First approach to Sonnet 82 today — just letting it play in my head (and, hopefully, heart), letting it sink in, find its connection to the core of my being. I “put it into my head” before going for a walk, and so the time in the park was spent with the sonnet “in the background”:
I grant thou wert not married to my Muse,
And therefore mayst without attaint o’erlook
The dedicated words which writers use
Of their fair subject, blessing every book.
Thou art as fair in knowledge as in hue,
Finding thy worth a limit past my praise;
And therefore art enforced to seek anew
Some fresher stamp of the time-bettering days.
And do so, love; yet when they have devised,
What strained touches rhetoric can lend,
Thou truly fair, wert truly sympathised
In true plain words, by thy true-telling friend;
And their gross painting might be better used
Where cheeks need blood; in thee it is abused.
In contrast to the previous one, it exists on an unambiguously “interpersonal” level, with a tangible and “polite” distance between its “I” and its “thou”. The idea of (not) being married to the poet’s Muse comes entirely from the outside the sonnets sequence itself — the context of the sonnets implies that the addressee is the Muse, not her spouse. So thou wert not married to my Muse allows for two readings: the “inner” one (no, you aren’t married to her, you are her), and the “outer” one (no, you aren’t married to her, you are a free agent and can enjoy other poets’ offerings).
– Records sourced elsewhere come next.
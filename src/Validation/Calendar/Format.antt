-- ===== src/Validation/Calendar/Format.antt =====
-- server/src/services/validation/normalise.ts: the texts that `isCalendarDate` accepts are the dates
-- that the server writes.
use cargo_execution_assistan.Prelude.{
  ℕ, zero, suc, ◌-◌, ◌≤◌, ◌<◌, ◌≡◌, refl, sym, ◌∙◌, ◌≢◌, ◌%◌, ◌⊎◌, ◌==◌, ==_iff, leb, leb→le, ◌↔◌,
  inl, inr, true, List, [], ◌∷◌, some, arith, Bool-cases, Option-cases, All, get_or,
}
use cargo_execution_assistan.Text.{Text}
use cargo_execution_assistan.Text.Regex.{matches}
use cargo_execution_assistan.Validation.Calendar.{
  date_form, date_parts, is_real_date, is_calendar_date, format_date, days_in_month, days_in_months,
  is_leap_year,
}
use cargo_execution_assistan.Validation.Calendar.Digits.{
  format_date_lem, date_form_sound, date_form_complete, format_date-IsDateForm, value4_lem,
  value2_lem, digits4, digits2, is_digit-IsDigit,
}

-- The server reads back the dates that it writes.
pub date_parts-format_date :
    (y m d : ℕ) → y < 10000 → m < 100 → d < 100 → date_parts (format_date y m d) ≡ some (y, m, d)
unfolding date_parts
date_parts-format_date y m d hy hm hd =
    rw (date_form_complete (format_date y m d) (format_date-IsDateForm y m d hy hm hd)) (
      rw (format_date_lem y m d hy hm hd)
        (ground (arith, value4_lem y hy, value2_lem m hm, value2_lem d hd)))

-- A text that is read as a date is the one that the server writes for it.
pub format_date_of_date_parts :
    (s : Text) (y m d : ℕ)
    → date_parts s ≡ some (y, m, d)
    → (s ≡ format_date y m d) × (y < 10000) × (m < 100) × (d < 100)
unfolding date_parts
format_date_of_date_parts s y m d h = elim (Bool-cases (matches date_form s)) [
  | inl formed ↦
      let w = date_form_sound s formed in
      let h' = rw (formed, w.whole) at h in
      let (ha, (hb, (hc, (hd, (he, (hf, (hg, (hh, _)))))))) = w.digits in
      let (by, ya, yb, yc, yd) =
        digits4 w.a w.b w.c w.d y (is_digit-IsDigit _ ha) (is_digit-IsDigit _ hb)
          (is_digit-IsDigit _ hc) (is_digit-IsDigit _ hd) (ground arith) in
      let (bm, me, mf) =
        digits2 w.e w.f m (is_digit-IsDigit _ he) (is_digit-IsDigit _ hf) (ground arith) in
      let (bd, dg, dh) =
        digits2 w.g w.h d (is_digit-IsDigit _ hg) (is_digit-IsDigit _ hh) (ground arith) in
      (
        w.whole ∙ (rw (ya, yb, yc, yd, me, mf, dg, dh) refl ∙ sym (format_date_lem y m d by bm bd)),
        by,
        bm,
        bd,
      )
  | inr other ↦ ground arith
]

-- A date by the lengths of the months.
abbrev pub IsRealDate : ℕ → ℕ → ℕ → Type 0
IsRealDate y m d = (1 ≤ m) × (m ≤ 12) × (1 ≤ d) × (d ≤ days_in_month y m)

get_or-le : (n i : ℕ) (xs : List ℕ) → All (λ x. x ≤ n) xs → get_or xs i 0 ≤ n
get_or-le n i [] h = omega arith
get_or-le n zero (x ∷ xs) h = h.0
get_or-le n (suc i) (x ∷ xs) h = get_or-le n i xs h.1

pub days_in_month-le : (y m : ℕ) → days_in_month y m ≤ 31
unfolding days_in_month
days_in_month-le y m = ground (arith, get_or-le 31 (m - 1) days_in_months (omega arith))

is_real_date_iff : (y m d : ℕ) → (is_real_date y m d ≡ true) ↔ IsRealDate y m d
unfolding is_real_date
is_real_date_iff y m d =
    (λ h. (ground arith, ground arith, ground arith, ground arith), λ h. ground arith)

-- The leap years of the Gregorian calendar.
abbrev pub IsLeapYear : ℕ → Type 0
IsLeapYear y = (y % 4 ≡ 0) × ((y % 100 ≢ 0) ⊎ (y % 400 ≡ 0))

-- April, June, September and November.
abbrev pub IsShortMonth : ℕ → Type 0
IsShortMonth m = (m ≡ 4) ⊎ ((m ≡ 6) ⊎ ((m ≡ 9) ⊎ (m ≡ 11)))

-- A day of the Gregorian calendar: of the first 28 of its month, the 29th or 30th of a month that is
-- not February, the 31st of a long month, or 29 February of a leap year.
abbrev pub IsDayOf : ℕ → ℕ → ℕ → Type 0
IsDayOf y m d =
    (d ≤ 28)
    ⊎ (((d ≤ 30) × (m ≢ 2))
        ⊎ (((d ≡ 31) × (m ≢ 2) × ¬ IsShortMonth m) ⊎ ((d ≡ 29) × (m ≡ 2) × IsLeapYear y)))

abbrev pub IsGregorian : ℕ → ℕ → ℕ → Type 0
IsGregorian y m d = (1 ≤ m) × (m ≤ 12) × (1 ≤ d) × IsDayOf y m d

is_leap_year_iff : (y : ℕ) → (is_leap_year y ≡ true) ↔ IsLeapYear y
is_leap_year_iff y = elim (Bool-cases (y % 100 == 0)) [
  | inl e ↦ (
    λ h. (ground arith, inr (ground arith)),
    λ h. elim h.1 [ inl n ↦ absurd (n ((==_iff (y % 100) 0).0 e)) | inr q ↦ ground arith ],
  )
  | inr e ↦ (λ h. (ground arith, inl (λ q. ground arith)), λ h. ground arith)
]

-- What February has, and what the other months have.
data MonthKind (y m : ℕ) : Type 0 where
  long : m ≢ 2 → ¬ IsShortMonth m → days_in_month y m ≡ 31 → MonthKind y m
  short : m ≢ 2 → IsShortMonth m → days_in_month y m ≡ 30 → MonthKind y m
  leap : m ≡ 2 → IsLeapYear y → days_in_month y m ≡ 29 → MonthKind y m
  common : m ≡ 2 → ¬ IsLeapYear y → days_in_month y m ≡ 28 → MonthKind y m

february : (y : ℕ) → MonthKind y 2
unfolding days_in_month
february y = elim (Bool-cases (is_leap_year y)) [
  | inl e ↦ leap refl ((is_leap_year_iff y).0 e) (rw e refl)
  | inr e ↦ common refl (λ l. let e' = (is_leap_year_iff y).1 l in cc) (rw e refl)
]

kind_of : (y m : ℕ) → 1 ≤ m → m ≤ 12 → MonthKind y m
unfolding days_in_month
kind_of y zero a b = absurd (omega arith)
kind_of y (suc zero) a b = long (λ e. absurd (omega arith)) (λ s. ground arith) refl
kind_of y (suc (suc zero)) a b = february y
kind_of y (suc (suc (suc zero))) a b = long (λ e. absurd (omega arith)) (λ s. ground arith) refl
kind_of y (suc (suc (suc (suc zero)))) a b = short (λ e. absurd (omega arith)) (inl refl) refl
kind_of y (suc (suc (suc (suc (suc zero))))) a b =
    long (λ e. absurd (omega arith)) (λ s. ground arith) refl
kind_of y (suc (suc (suc (suc (suc (suc zero)))))) a b =
    short (λ e. absurd (omega arith)) (inr (inl refl)) refl
kind_of y (suc (suc (suc (suc (suc (suc (suc zero))))))) a b =
    long (λ e. absurd (omega arith)) (λ s. ground arith) refl
kind_of y (suc (suc (suc (suc (suc (suc (suc (suc zero)))))))) a b =
    long (λ e. absurd (omega arith)) (λ s. ground arith) refl
kind_of y (suc (suc (suc (suc (suc (suc (suc (suc (suc zero))))))))) a b =
    short (λ e. absurd (omega arith)) (inr (inr (inl refl))) refl
kind_of y (suc (suc (suc (suc (suc (suc (suc (suc (suc (suc zero)))))))))) a b =
    long (λ e. absurd (omega arith)) (λ s. ground arith) refl
kind_of y (suc (suc (suc (suc (suc (suc (suc (suc (suc (suc (suc zero))))))))))) a b =
    short (λ e. absurd (omega arith)) (inr (inr (inr refl))) refl
kind_of y (suc (suc (suc (suc (suc (suc (suc (suc (suc (suc (suc (suc zero)))))))))))) a b =
    long (λ e. absurd (omega arith)) (λ s. ground arith) refl
kind_of y (suc (suc (suc (suc (suc (suc (suc (suc (suc (suc (suc (suc (suc m))))))))))))) a b =
    absurd (omega arith)

MonthKind-IsDayOf : (y m d : ℕ) → MonthKind y m → d ≤ days_in_month y m → IsDayOf y m d
MonthKind-IsDayOf y m d (long a b same) e =
    let le : d ≤ 31 = rw same at e in
    elim (Bool-cases (leb d 30)) [
      | inl below ↦ inr (inl (leb→le d 30 below, a))
      | inr above ↦ inr (inr (inl (ground arith, a, b)))
    ]
MonthKind-IsDayOf y m d (short a b same) e = inr (inl (rw same at e, a))
MonthKind-IsDayOf y m d (leap a l same) e =
    let le : d ≤ 29 = rw same at e in
    elim (Bool-cases (leb d 28)) [
      | inl below ↦ inl (leb→le d 28 below)
      | inr above ↦ inr (inr (inr (ground arith, a, l)))
    ]
MonthKind-IsDayOf y m d (common a l same) e = inl (rw same at e)

IsDayOf-MonthKind : (y m d : ℕ) → MonthKind y m → IsDayOf y m d → d ≤ days_in_month y m
IsDayOf-MonthKind y m d (long a b same) e = rw same (ground arith)
IsDayOf-MonthKind y m d (short a b same) e = rw same (elim e [
  | inl h ↦ omega arith
  | inr (inl h) ↦ h.0
  | inr (inr (inl h)) ↦ absurd (h.2 b)
  | inr (inr (inr h)) ↦ omega (arith, h.0)
])
IsDayOf-MonthKind y m d (leap a l same) e = rw same (elim e [
  | inl h ↦ omega arith
  | inr (inl h) ↦ absurd (h.1 a)
  | inr (inr (inl h)) ↦ absurd (h.1 a)
  | inr (inr (inr h)) ↦ omega (arith, h.0)
])
IsDayOf-MonthKind y m d (common a l same) e = rw same (elim e [
  | inl h ↦ h
  | inr (inl h) ↦ absurd (h.1 a)
  | inr (inr (inl h)) ↦ absurd (h.1 a)
  | inr (inr (inr h)) ↦ absurd (l h.2)
])

IsRealDate-IsGregorian : (y m d : ℕ) → IsRealDate y m d ↔ IsGregorian y m d
IsRealDate-IsGregorian y m d = (
  λ (a, b, c, e). (a, b, c, MonthKind-IsDayOf y m d (kind_of y m a b) e),
  λ (a, b, c, e). (a, b, c, IsDayOf-MonthKind y m d (kind_of y m a b) e),
)

-- `isCalendarDate` accepts exactly the texts that the server writes for a day of the Gregorian
-- calendar in the years 0 to 9999.
pub is_calendar_date_iff :
    (v : Text)
    → (is_calendar_date (some v) ≡ true)
      ↔ ((y : ℕ) × (m : ℕ) × (d : ℕ) × (v ≡ format_date y m d) × (y < 10000) × IsGregorian y m d)
unfolding is_calendar_date
is_calendar_date_iff v = (
  λ h. elim (Option-cases (date_parts v)) [
    | inl missing ↦ let h' = rw (missing, is_calendar_date) at h in cc
    | inr ((y, m, d), found) ↦
        let (same, bound, _, _) = format_date_of_date_parts v y m d found in
        (
          y,
          m,
          d,
          same,
          bound,
          (IsRealDate-IsGregorian y m d).0
              ((is_real_date_iff y m d).0 (rw (found, is_calendar_date) at h)),
        )
  ],
  λ (y, m, d, same, bound, gregorian).
      let real = (IsRealDate-IsGregorian y m d).1 gregorian in
      rw
        (
          same,
          date_parts-format_date y m d bound (omega arith) (omega (arith, days_in_month-le y m)),
          is_calendar_date,
        )
        ((is_real_date_iff y m d).1 real),
)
The other striking aspect of the sonnet, is, of course, the repetitive fair and true — and their interaction. “True” repeated four times in the space of two lines — from someone so “good with words”, this cannot be accidental. I’ll have to try and find a painting “equivalent” for that. For now, though, it reminded me of this conversation between Hamlet and Ophelia:
Hamlet Ha, ha! Are you honest?
Ophelia. My lord?
Hamlet. Are you fair?
Ophelia. What means your lordship?
Hamlet. That if you be honest and fair, your honesty should admit no
discourse to your beauty.Ophelia. Could beauty, my lord, have better commerce than with honesty
Hamlet. Ay, truly; for the power of beauty will sooner transform honesty from what it is to a bawd than the force of honesty can translate beauty into his likeness. This was sometime a paradox, but now the time gives it proof. I did love you once.
Thinking about this sonnet — in its intrinsic opposition to the previous one — clarified my understanding (or rather — my feeling) of this weird thing we call “I”, firmly enclosed within itself and yet somehow distributed all over the place.
And this, in turn, brought the first answer to the question I’ve been living lately: my decreased “studio time”, and the somewhat paradoxical effect of this decrease on the “results”. I have sacrificed some of my studio time to various self-reflection and “just being” activities, let alone working on the “Art of Seeing” platform — and I’ve been feeling acutely that I don’t spend enough time painting. So how could it happen that, at the same time, I’ve been actually painting more?
I realised that the very validity of this question hinges on the validity of the concept of solid “I”. Who is it that’s spending (or not spending) time in the studio? Obviously, some of the time my body spent was painting during the last months of 2015, “I” was barely in the room. And today during the walk, much more of it was actually involved in the process of painting — while walking at the same time.